Pregunté en la cafetería dónde podía encontrar una lavandería que tuviera servicio rápido. Me facilitaron una dirección en el mismo pueblo y allí me fui, con mi ropa maloliente, que en un tiempo récord recogí transformada en ropa ajena (es la sensación que siempre me da después de pasarla por algún proceso industrial de higienización). Después me dirigí al centro de operaciones, a la sazón vacío. Me entretuve mirando papeles y viendo en el ordenador el deuvedé del famoso reportaje sobre la prostitución barcelonesa, que me pareció tan poca cosa como me habían dicho los expertos en la materia en cuanto a su contenido informativo, aunque meritorio desde el punto de vista del acercamiento a los personajes. Sobre todo a la prostituta rumana, una rubia teñida que no tenía tan buen español como nuestro amigo Radoveanu, pero se explicaba lo bastante bien como para poder valorar hasta qué punto resultaban instructivos los extrarradios de la vida.

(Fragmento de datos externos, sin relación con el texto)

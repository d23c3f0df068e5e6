-- ===== src/Utility/Dotted.antt =====
-- `string_to_ip` and dotted decimal.
use tcp_dpdk.Base.{
  ℕ, ◌+◌, ◌*◌, ◌%◌, ◌^◌, ◌<◌, ◌≡◌, refl, bit_or, List, ◌∷◌, ◌++◌, some, EndsNumber, decimal,
  strtol-decimal, arith, bit_or-add, ap,
}
use tcp_dpdk.Utility.{scan_byte, string_to_ip}

scan_byte-decimal :
    (n : ℕ) (rest : List ℕ)
    → n < 0x1_0000_0000
    → EndsNumber rest
    → scan_byte (decimal n ++ rest) ≡ some (n % 256, rest)
scan_byte-decimal n rest small ends = rw (strtol-decimal n rest (omega (arith, small)) ends) refl

-- The four bytes do not overlap.
pack-bytes :
    (a b c e : ℕ)
    → b < 256
    → c < 256
    → e < 256
    → bit_or (bit_or (bit_or (a * 2 ^ 24) (b * 2 ^ 16)) (c * 2 ^ 8)) e
      ≡ a * 2 ^ 24 + b * 2 ^ 16 + c * 2 ^ 8 + e
pack-bytes a b c e hb hc he =
    let two : a * 2 ^ 24 + b * 2 ^ 16 ≡ (a * 2 ^ 8 + b) * 2 ^ 16 = omega arith in
    let three : (a * 2 ^ 8 + b) * 2 ^ 16 + c * 2 ^ 8 ≡ (a * 2 ^ 16 + b * 2 ^ 8 + c) * 2 ^ 8 =
      omega arith in
    rw
      (
        bit_or-add 24 a (b * 2 ^ 16) (omega (arith, hb)),
        two,
        bit_or-add 16 (a * 2 ^ 8 + b) (c * 2 ^ 8) (omega (arith, hc)),
        three,
        bit_or-add 8 (a * 2 ^ 16 + b * 2 ^ 8 + c) e (omega (arith, he)),
      )
      (omega arith)

-- Of four numbers below 2 ^ 32 in decimal, a point between two and no digit behind the last one,
-- `string_to_ip` makes the address of their low bytes, the first one highest: of an address in
-- dotted decimal it gives back that address.
pub string_to_ip-dotted :
    (a b c e : ℕ) (rest : List ℕ)
    → a < 0x1_0000_0000
    → b < 0x1_0000_0000
    → c < 0x1_0000_0000
    → e < 0x1_0000_0000
    → EndsNumber rest
    → string_to_ip
        (decimal a ++ b'.' ∷ (decimal b ++ b'.' ∷ (decimal c ++ b'.' ∷ (decimal e ++ rest))))
      ≡ some (a % 256 * 2 ^ 24 + b % 256 * 2 ^ 16 + c % 256 * 2 ^ 8 + e % 256)
unfolding string_to_ip
string_to_ip-dotted a b c e rest ha hb hc he ends =
    rw
      (
        scan_byte-decimal a (b'.' ∷ (decimal b ++ b'.' ∷ (decimal c ++ b'.' ∷ (decimal e ++ rest))))
            ha refl,
        scan_byte-decimal b (b'.' ∷ (decimal c ++ b'.' ∷ (decimal e ++ rest))) hb refl,
        scan_byte-decimal c (b'.' ∷ (decimal e ++ rest)) hc refl,
        scan_byte-decimal e rest he ends,
      )
      (ap some (
        pack-bytes (a % 256) (b % 256) (c % 256) (e % 256) (omega arith) (omega arith)
          (omega arith)))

Entre unas cosas y otras, se me hizo más de la una. Empezaba a calcular que ya era admisible llamar a Chamorro para ver por dónde paraba cuando apareció en el umbral y dijo con voz espesa:
– Perdón, me he dormido.
– No pasa nada, Vir -la disculpé-. No teníamos ningún plan, yo también me he relajado, y por lo que a mí respecta puedes permitirte de vez en cuando alguna flaqueza. Sobre todo después de trasnochar como me imagino que lo hiciste. ¿A qué hora recogiste la tienda?